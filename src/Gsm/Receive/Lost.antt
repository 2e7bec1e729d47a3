-- ===== src/Gsm/Receive/Lost.antt =====
-- A call that is lost: it is freed and the module is ready, except where the call is active.
use chan_extra.Prelude.{
  ℕ, ◌≤◌, ◌≡◌, refl, ap, inl, inr, Bool, true, false, ◌||◌, Bool-cases, Option-cases, Option, none,
  some, List, [], ◌∷◌, ◌++◌, ◌==◌, ltb, bind, arith,
}
use chan_extra.Config.Commands.{at_busy, at_net_name, at_no_dialtone}
use chan_extra.Gsm.State.{
  ModuleState, gsm_event_hangup, gsm_state_call_active, gsm_state_ready, rank,
}
use chan_extra.Gsm.Call.{
  AtCall, Pool, destroy_list, find_call, gsm_call_destroy, hangup_step, stop_timer, update_call,
  update_list,
}
use chan_extra.Gsm.Call.Distinct.{IsDistinct, find_call-destroy_list, update_list-IsDistinct}
use chan_extra.Gsm.Module.{
  Env, Gsm, and_then, at, event, event_id, fault, gsm_switch_state, hangup, more,
}
use chan_extra.Gsm.Start.{says}
use chan_extra.Gsm.Dial.{gsm_hangup}
use chan_extra.Gsm.Init.{init_line}
use chan_extra.Gsm.Talk.{
  call_of, ended_call, hangup_result, lose_call, no_carrier, on_call_active, over, talk_line,
  with_call,
}
use chan_extra.Gsm.Receive.{check_lost, on_state, receive_line}

find_call-update_list :
    (calls : List AtCall) (cr : ℕ) (f : AtCall → AtCall) (c : AtCall)
    → ((d : AtCall) → (f d).cr ≡ d.cr)
    → find_call calls cr ≡ some c
    → find_call (update_list calls cr f) cr ≡ some (f c)
unfolding find_call update_list
find_call-update_list [] cr f c keeps e = absurd (ground arith)
find_call-update_list (d ∷ calls) cr f c keeps e = elim (Bool-cases (d.cr == cr)) [
  | inl here ↦
      let e' = rw here at e in
      let here' : ((f d).cr == cr) ≡ true = rw (keeps d) here in
      rw (here, here') (ap (λ o. bind o (λ x. some (f x))) e')
  | inr there ↦ rw (there, there) (find_call-update_list calls cr f c keeps (rw there at e))
]

-- A call whose two states are null is freed, and its state is read after that, unless its timer
-- cannot be stopped.
gsm_hangup-over :
    (env : Env) (g : Gsm) (cr : ℕ) (c : AtCall) (cause : Option ℕ)
    → find_call g.pool.callpool cr ≡ some (over c)
    → hangup_result (gsm_hangup env g cr cause) ≡ fault
unfolding gsm_hangup over hangup_step hangup_result
gsm_hangup-over env g cr c cause e = elim (Option-cases (gsm_call_destroy g.pool c.cr)) [
  | inl none_left ↦ rw (gsm_hangup, e, none_left) refl
  | inr (p, left) ↦ rw (gsm_hangup, e, left) refl
]

switch_state-pool :
    (env : Env) (g : Gsm) (state : ModuleState) (text : List ℕ)
    → (gsm_switch_state env g state text).pool ≡ g.pool
unfolding gsm_switch_state
switch_state-pool env g state text =
    elim (Bool-cases (env.accepts (text ++ (b'\r' ∷ b'\n' ∷ [])))) [
      | inl e ↦ rw (gsm_switch_state, e) refl
      | inr e ↦ rw (gsm_switch_state, e) refl
    ]

ended_call-find :
    (env : Env) (g : Gsm) (c : AtCall)
    → find_call g.pool.callpool g.pool.cref ≡ some c
    → find_call (ended_call env g).pool.callpool g.pool.cref ≡ some (over c)
unfolding ended_call over
ended_call-find env g c found =
    rw (switch_state-pool env g gsm_state_ready (at env g at_net_name))
      (find_call-update_list g.pool.callpool g.pool.cref over c (λ d. refl) found)

-- An active call that the other end has ended is freed, and then read: a line with the words for
-- that is a fault of the memory, however the rest of the module stands, for a module that has the
-- call looked up.
pub receive_line-call_active :
    (env : Env) (i : ℕ) (g : Gsm) (buf : List ℕ) (c : AtCall)
    → find_call g.pool.callpool g.pool.cref ≡ some c
    → no_carrier env (record g { state = gsm_state_call_active }) buf ≡ true
    → receive_line env i (record g { state = gsm_state_call_active }) buf ≡ fault
unfolding receive_line on_state init_line talk_line on_call_active and_then
receive_line-call_active env i g buf c found lost =
    let active : Gsm = record g { state = gsm_state_call_active } in
    rw
      (
        lost,
        gsm_hangup-over env (ended_call env active) g.pool.cref c (some 16)
            (ended_call-find env active c found),
      )
      refl

-- The words that tell that a call is lost.
unfoldable pub tells_lost : Env → Gsm → List ℕ → Bool
unfolding no_carrier says
tells_lost env g buf =
    no_carrier env g buf || (says env g buf at_no_dialtone || says env g buf at_busy)

destroy-lost :
    (p : Pool) (cr : ℕ)
    → IsDistinct p.callpool
    → p.retranstimer ≡ 0
    → (q : Pool) × (gsm_call_destroy p cr ≡ some q) × (find_call q.callpool cr ≡ none)
unfolding gsm_call_destroy stop_timer
destroy-lost p cr distinct idle = elim (Option-cases (find_call p.callpool cr)) [
  | inl e ↦ (p, rw (gsm_call_destroy, e) refl, e)
  | inr (c, e) ↦
      let none_set : (p.retranstimer == 0) ≡ true = ground arith in
      (
        record p { callpool = destroy_list p.callpool cr },
        rw (gsm_call_destroy, e, stop_timer, none_set) refl,
        find_call-destroy_list cr p.callpool distinct,
      )
]

-- A call that is lost is not found any more, and the module is ready, with the event of a hangup.
lose_call-freed :
    (g : Gsm) (channel : Option (Option ℕ)) (cause : ℕ)
    → IsDistinct g.pool.callpool
    → g.pool.retranstimer ≡ 0
    → (h : Gsm) × (lose_call g channel cause ≡ event h)
      × (h.state ≡ gsm_state_ready)
      × (event_id h.ev ≡ gsm_event_hangup)
      × (find_call h.pool.callpool g.pool.cref ≡ none)
unfolding lose_call event_id with_call
lose_call-freed g channel cause distinct idle =
    let distinct' = update_list-IsDistinct g.pool.cref over (λ c. refl) g.pool.callpool distinct in
    let (q, e, gone) =
      destroy-lost (update_call g.pool g.pool.cref over) g.pool.cref distinct' idle in
    (
      record g { pool = q; state = gsm_state_ready; ev = hangup channel cause g.pool.cref },
      rw (lose_call, e) refl,
      refl,
      refl,
      gone,
    )

check_lost-freed :
    (env : Env) (g : Gsm) (buf : List ℕ)
    → rank gsm_state_ready ≤ rank g.state
    → tells_lost env g buf ≡ true
    → IsDistinct g.pool.callpool
    → g.pool.retranstimer ≡ 0
    → (h : Gsm) × (check_lost env g buf ≡ event h)
      × (h.state ≡ gsm_state_ready)
      × (event_id h.ev ≡ gsm_event_hangup)
      × (find_call h.pool.callpool g.pool.cref ≡ none)
unfolding check_lost tells_lost
check_lost-freed env g buf up lost distinct idle =
    let not_below : ltb (rank g.state) (rank gsm_state_ready) ≡ false = ground arith in
    elim (Bool-cases (no_carrier env g buf)) [
      | inl e ↦ rw (not_below, e) (lose_call-freed g (some (call_of g).channelno) 19 distinct idle)
      | inr e ↦ elim (Bool-cases (says env g buf at_no_dialtone)) [
        | inl e' ↦ rw (not_below, e, e') (lose_call-freed g none 38 distinct idle)
        | inr e' ↦
            let busy : says env g buf at_busy ≡ true = rw (e, e') at lost in
            rw (not_below, e, e', busy)
              (lose_call-freed g (some (call_of g).channelno) 17 distinct idle)
      ]
    ]

-- A line that the switch on the state lets pass, as it is or changed, is looked at for the words for
-- a lost call: where the switch has left the module in a state from `GSM_STATE_READY` on, with no
-- timer set and distinct references of calls, a line with one of these words ends the round with
-- the event of a hangup; the module is ready, and the call it has looked up is not found any more.
pub receive_line-freed :
    (env : Env) (i : ℕ) (g h : Gsm) (buf text : List ℕ)
    → on_state env g buf ≡ more h text
    → rank gsm_state_ready ≤ rank h.state
    → tells_lost env h text ≡ true
    → IsDistinct h.pool.callpool
    → h.pool.retranstimer ≡ 0
    → (q : Gsm) × (receive_line env i g buf ≡ event q)
      × (q.state ≡ gsm_state_ready)
      × (event_id q.ev ≡ gsm_event_hangup)
      × (find_call q.pool.callpool h.pool.cref ≡ none)
unfolding receive_line and_then
receive_line-freed env i g h buf text passed up lost distinct idle =
    let (q, e, ready, hung_up, gone) = check_lost-freed env h text up lost distinct idle in
    (q, rw (receive_line, passed, e) refl, ready, hung_up, gone)
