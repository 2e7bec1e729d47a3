-- ===== src/Gsm/Receive/Rounds.antt =====
-- The loop of `module_receive` ends: each round takes an octet from what there is to read.
use chan_extra.Prelude.{
  ℕ, zero, suc, ◌+◌, ◌-◌, ◌≤◌, ◌<◌, ◌≡◌, refl, ◌≢◌, ◌⊎◌, inl, inr, ◌||◌, some, List, [], ◌∷◌, ◌==◌,
  Bool-cases, Option-cases, length, take, drop, arith,
}
use chan_extra.Gsm.San.{
  San, Sanbuf, arrays_fit, blank, cr_of, gsm_san, line, nothing, partial, san_add, san_rest,
  skip_of,
}
use chan_extra.Gsm.Module.{Env, Gsm, Result, event, fault, more, quiet}
use chan_extra.Gsm.Start.{Return, spinning}
use chan_extra.Gsm.Receive.{after_line, receive_line, receive_loop}

length-take : (n : ℕ) (xs : List ℕ) → length (take n xs) ≤ n
length-take zero xs = ground arith
length-take (suc n) [] = ground arith
length-take (suc n) (x ∷ xs) = ground (arith, length-take n xs)

take-nil : (n : ℕ) → take {A = ℕ} n [] ≡ []
take-nil zero = refl
take-nil (suc n) = refl

cr_of-nil : (i : ℕ) → cr_of [] ≢ some i
unfolding cr_of
cr_of-nil i e = ground arith

cr_of-other : (c : ℕ) (rest : List ℕ) (i : ℕ) → c ≢ b'\r' → cr_of (c ∷ rest) ≡ some i → 0 < i
unfolding cr_of
cr_of-other c rest i other e = elim (Option-cases (cr_of rest)) [
  | inl none_found ↦ ground (arith, none_found)
  | inr (j, found) ↦ ground (arith, found)
]

cr_of-take :
    (c : ℕ) (text : List ℕ) (n i : ℕ) → c ≢ b'\r' → cr_of (take n (c ∷ text)) ≡ some i → 0 < i
cr_of-take c text zero i other e = absurd (cr_of-nil i e)
cr_of-take c text (suc n) i other e = cr_of-other c (take n text) i other e

-- A line starts after its ends of line, or has an octet.
skip_or_octet :
    (text : List ℕ) (n i : ℕ)
    → cr_of (take (n - skip_of text) (drop (skip_of text) text)) ≡ some i
    → 0 < i + skip_of text
unfolding skip_of
skip_or_octet [] n i e = absurd (cr_of-nil i (rw (take-nil (n - 0)) at e))
skip_or_octet (c ∷ text) n i e = elim (Bool-cases (c == b'\r' || c == b'\n')) [
  | inl ends ↦ ground arith
  | inr other ↦
      let none_skipped : skip_of (c ∷ text) ≡ 0 = ground arith in
      let found = rw none_skipped at e in
      ground (arith, cr_of-take c text (n - 0) i (ground arith) found)
]

san_add-idx : (san : Sanbuf) (input : List ℕ) → (san_add san input).idx ≤ san.idx + length input
unfolding san_add
san_add-idx san input = ground arith

san_rest-idx :
    (r : List ℕ) (san : Sanbuf) (skip : ℕ) (text : List ℕ)
    → (san_rest r san skip).0 ≡ line text
    → (san_rest r san skip).1.idx ≡ 0
unfolding san_rest
san_rest-idx r san skip text e = ground arith

-- What is left to read after a line.
gsm_san-idx :
    (r : List ℕ) (san : Sanbuf) (input text : List ℕ)
    → (gsm_san r san input).0 ≡ line text
    → (gsm_san r san input).1.idx < san.idx + length input
unfolding gsm_san
gsm_san-idx r san input text e = elim (Bool-cases (length input == 0)) [
  | inl empty ↦ ground (arith, empty)
  | inr full ↦
      let added = san_add san input in
      let skip = skip_of added.text in
      elim (Option-cases (cr_of (take (added.idx - skip) (drop skip added.text)))) [
        | inl none_found ↦
            let e' = rw (gsm_san, full, none_found) at e in
            let stop = san_rest-idx r added skip text e' in
            rw (gsm_san, full, none_found) (ground arith)
        | inr (i, found) ↦
            let some_octet = skip_or_octet added.text added.idx i found in
            let bound = san_add-idx san input in rw (gsm_san, full, found) (ground arith)
      ]
]

gsm_san-blank :
    (r : List ℕ) (san : Sanbuf) (input : List ℕ)
    → (gsm_san r san input).0 ≡ blank
    → 0 < length input
unfolding gsm_san
gsm_san-blank r san [] e = ground arith
gsm_san-blank r san (c ∷ input) e = ground arith

San-cases :
    (s : San)
    → (s ≡ nothing)
      ⊎ (((t : List ℕ) × (s ≡ line t)) ⊎ (((t : List ℕ) × (s ≡ partial t)) ⊎ (s ≡ blank)))
San-cases nothing = inl refl
San-cases (line t) = inr (inl (t, refl))
San-cases (partial t) = inr (inr (inl (t, refl)))
San-cases blank = inr (inr (inr refl))

after_line-ends :
    (r : Result) (k : Gsm → Return) → ((h : Gsm) → k h ≢ spinning) → after_line r k ≢ spinning
unfolding after_line
after_line-ends fault k ends e = ground arith
after_line-ends (event g) k ends e = ground arith
after_line-ends (quiet g) k ends e = ground arith
after_line-ends (more g buf) k ends e = ends g e

-- The rounds that the loop is given are enough when they are more than the octets that are there
-- to be read, those in `sanbuf` counted: the loop returns, or the memory is at fault.
pub receive_loop-ends :
    (env : Env) (f i : ℕ) (g : Gsm) (input : List ℕ)
    → g.san.idx + length input < f
    → receive_loop env f i g input ≢ spinning
unfolding receive_loop
receive_loop-ends env zero i g input l = absurd (ground arith)
receive_loop-ends env (suc f) i g input l =
    let found = gsm_san g.at_last_recv g.san input in
    let san' : Sanbuf = record found.1 { idx = 0 } in
    let short = length-take found.1.idx found.1.text in
    elim (Bool-cases (arrays_fit g.san input found.0)) [
      | inl fits ↦ elim (San-cases found.0) [
        | inl e ↦ rw (receive_loop, fits, e) (λ q. ground arith)
        | inr (inl (t, e)) ↦
            let less = gsm_san-idx g.at_last_recv g.san input t e in
            rw (receive_loop, fits, e)
              (after_line-ends (receive_line env (i + 1) (record g { san = san' }) t)
                (λ h.
                  receive_loop env f (i + 1) (record h { san = san' })
                    (take found.1.idx found.1.text))
                (λ h.
                  receive_loop-ends env f (i + 1) (record h { san = san' })
                    (take found.1.idx found.1.text) (omega arith)))
        | inr (inr (inl (t, e))) ↦ rw (receive_loop, fits, e) (λ q. ground arith)
        | inr (inr (inr e)) ↦
            let some_input = gsm_san-blank g.at_last_recv g.san input e in
            rw (receive_loop, fits, e)
              (after_line-ends (receive_line env (i + 1) (record g { san = san' }) [])
                (λ h. receive_loop env f (i + 1) (record h { san = san' }) [])
                (λ h. receive_loop-ends env f (i + 1) (record h { san = san' }) [] (omega arith)))
      ]
      | inr past ↦ rw (receive_loop, past) (λ q. ground arith)
    ]
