-- ===== src/Gsm/Sms/Dialogue.antt =====
-- A message in text mode from the command to its end, through `gsm_check_event`, with the commands
-- as they are by default.
use chan_extra.Prelude.{ℕ, ◌≡◌, refl, true, none, some, List, [], ◌∷◌, ◌++◌, take}
use chan_extra.Config.Commands.{codes}
use chan_extra.Config.File.{default_value}
use chan_extra.Gsm.State.{gsm_event_sms_send_ok, gsm_state_ready}
use chan_extra.Gsm.San.{arrays_fit, cr_of, gsm_san, out_text, san_add, san_rest, skip_of}
use chan_extra.Gsm.Module.{
  Env, Gsm, Sending, SmsInfo, module_send_text, refused, sending, simple, undefined_command,
}
use chan_extra.Gsm.Start.{Return, returned}
use chan_extra.Gsm.Talk.{lose_call, no_carrier}
use chan_extra.Gsm.Sms.{module_check_sms}
use chan_extra.Gsm.Receive.{after_line, check_lost, gsm_check_event, receive_line}
use chan_extra.Gsm.Receive.Converse.{converse, module_of}

-- The module of `module_send_text` after it has been handed a message.
unfoldable pub handed : Sending → Gsm → Gsm
handed undefined_command g = g
handed (refused h) g = g
handed (sending h) g = h

-- What a module answers to the commands for a message in text mode.
unfoldable pub text_answers : List (List ℕ)
text_answers =
    codes "\r\nOK\r\n"
    ∷ codes "\r\nOK\r\n"
    ∷ codes "\r\n> "
    ∷ codes "\r\n+CMGS: 7\r\n"
    ∷ codes "\r\nOK\r\n"
    ∷ []

-- A ready module that has sent nothing, and of which nothing is left to read, is handed a message,
-- and answers.
unfoldable pub run_text : Env → Gsm → SmsInfo → List ℕ → Return
unfolding converse handed module_send_text text_answers
run_text env g info message =
    let ready : Gsm = record g {
      state = gsm_state_ready;
      switchtype = none;
      sms_info = some info;
      at_last_recv = [];
      san = record { text = []; idx = 0 };
      sent = [];
    } in
    converse env (handed (module_send_text env ready message) g) text_answers

-- Where no file changes a command, all that is sent is taken and nothing is left to read, a message in text mode that a
-- ready module is handed goes out on the answers `OK`, `OK`, the prompt, a number and `OK`: the
-- module is ready again, with the event of success, and has sent the mode, the character set, the
-- destination (cut to 1023 octets with its command), the message (cut to 1022) and what ends it,
-- and the mode for a PDU again.
pub run_text-ends :
    (env : Env) (g : Gsm) (info : SmsInfo) (message : List ℕ)
    → let env' : Env = record env { cfgs = []; accepts = λ text. true } in
      let h = module_of g (run_text env' g info message) in
      (run_text env' g info message ≡ returned true h)
      × (h.state ≡ gsm_state_ready)
      × (h.ev ≡ simple gsm_event_sms_send_ok)
      × (h.sent
          ≡ codes "AT+CMGF=1\r\n"
            ∷ codes "AT+CSCS=\"GSM\"\r\n"
            ∷ (take 1023 (codes "AT+CMGS=\"" ++ (info.destination ++ codes "\"")) ++ codes "\r\n")
            ∷ take 1022 message
            ∷ (0x1a ∷ codes "\r\n")
            ∷ codes "AT+CMGF=0\r\n"
            ∷ [])
unfolding run_text converse gsm_check_event gsm_san san_add skip_of cr_of san_rest check_lost
    default_value no_carrier lose_call after_line receive_line arrays_fit out_text module_check_sms
run_text-ends env g info message = (refl, refl, refl, refl)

● ● ● ● ● ● ●

Problem statement: In the material above, transcribe exactly the lines beginning at the one with "-- A line that" and ending at the one with "take-nil : (n", both included.

Exercise solution:
-- A line that the switch on the state lets pass, as it is or changed, is looked at for the words for
-- a lost call: where the switch has left the module in a state from `GSM_STATE_READY` on, with no
-- timer set and distinct references of calls, a line with one of these words ends the round with
-- the event of a hangup; the module is ready, and the call it has looked up is not found any more.
pub receive_line-freed :
    (env : Env) (i : ℕ) (g h : Gsm) (buf text : List ℕ)
    → on_state env g buf ≡ more h text
    → rank gsm_state_ready ≤ rank h.state
    → tells_lost env h text ≡ true
    → IsDistinct h.pool.callpool
    → h.pool.retranstimer ≡ 0
    → (q : Gsm) × (receive_line env i g buf ≡ event q)
      × (q.state ≡ gsm_state_ready)
      × (event_id q.ev ≡ gsm_event_hangup)
      × (find_call q.pool.callpool h.pool.cref ≡ none)
unfolding receive_line and_then
receive_line-freed env i g h buf text passed up lost distinct idle =
    let (q, e, ready, hung_up, gone) = check_lost-freed env h text up lost distinct idle in
    (q, rw (receive_line, passed, e) refl, ready, hung_up, gone)
repository 2e7bec1e729d47a3
-- ===== src/Gsm/Receive/Rounds.antt =====
-- The loop of `module_receive` ends: each round takes an octet from what there is to read.
use chan_extra.Prelude.{
  ℕ, zero, suc, ◌+◌, ◌-◌, ◌≤◌, ◌<◌, ◌≡◌, refl, ◌≢◌, ◌⊎◌, inl, inr, ◌||◌, some, List, [], ◌∷◌, ◌==◌,
  Bool-cases, Option-cases, length, take, drop, arith,
}
use chan_extra.Gsm.San.{
  San, Sanbuf, arrays_fit, blank, cr_of, gsm_san, line, nothing, partial, san_add, san_rest,
  skip_of,
}
use chan_extra.Gsm.Module.{Env, Gsm, Result, event, fault, more, quiet}
use chan_extra.Gsm.Start.{Return, spinning}
use chan_extra.Gsm.Receive.{after_line, receive_line, receive_loop}

length-take : (n : ℕ) (xs : List ℕ) → length (take n xs) ≤ n
length-take zero xs = ground arith
length-take (suc n) [] = ground arith
length-take (suc n) (x ∷ xs) = ground (arith, length-take n xs)

take-nil : (n : ℕ) → take {A = ℕ} n [] ≡ []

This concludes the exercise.